Instructions to follow: Collect all lines containing the word "Native" from the data.

════

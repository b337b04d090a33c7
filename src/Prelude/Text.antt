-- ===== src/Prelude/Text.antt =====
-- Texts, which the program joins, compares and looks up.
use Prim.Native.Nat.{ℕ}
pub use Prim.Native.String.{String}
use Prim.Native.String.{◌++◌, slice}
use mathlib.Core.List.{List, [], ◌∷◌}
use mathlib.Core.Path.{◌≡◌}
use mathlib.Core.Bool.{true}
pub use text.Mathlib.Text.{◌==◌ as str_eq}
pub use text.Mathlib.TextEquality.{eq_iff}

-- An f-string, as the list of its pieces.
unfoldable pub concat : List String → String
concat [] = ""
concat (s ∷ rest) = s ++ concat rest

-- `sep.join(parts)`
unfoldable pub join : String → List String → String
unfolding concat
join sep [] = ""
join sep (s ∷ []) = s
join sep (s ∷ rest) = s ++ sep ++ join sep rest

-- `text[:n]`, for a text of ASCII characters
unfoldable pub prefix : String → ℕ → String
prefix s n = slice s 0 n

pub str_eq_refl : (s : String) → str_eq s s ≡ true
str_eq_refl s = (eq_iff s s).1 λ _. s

════

Expected answer:
use Prim.Native.Nat.{ℕ}
pub use Prim.Native.String.{String}
use Prim.Native.String.{◌++◌, slice}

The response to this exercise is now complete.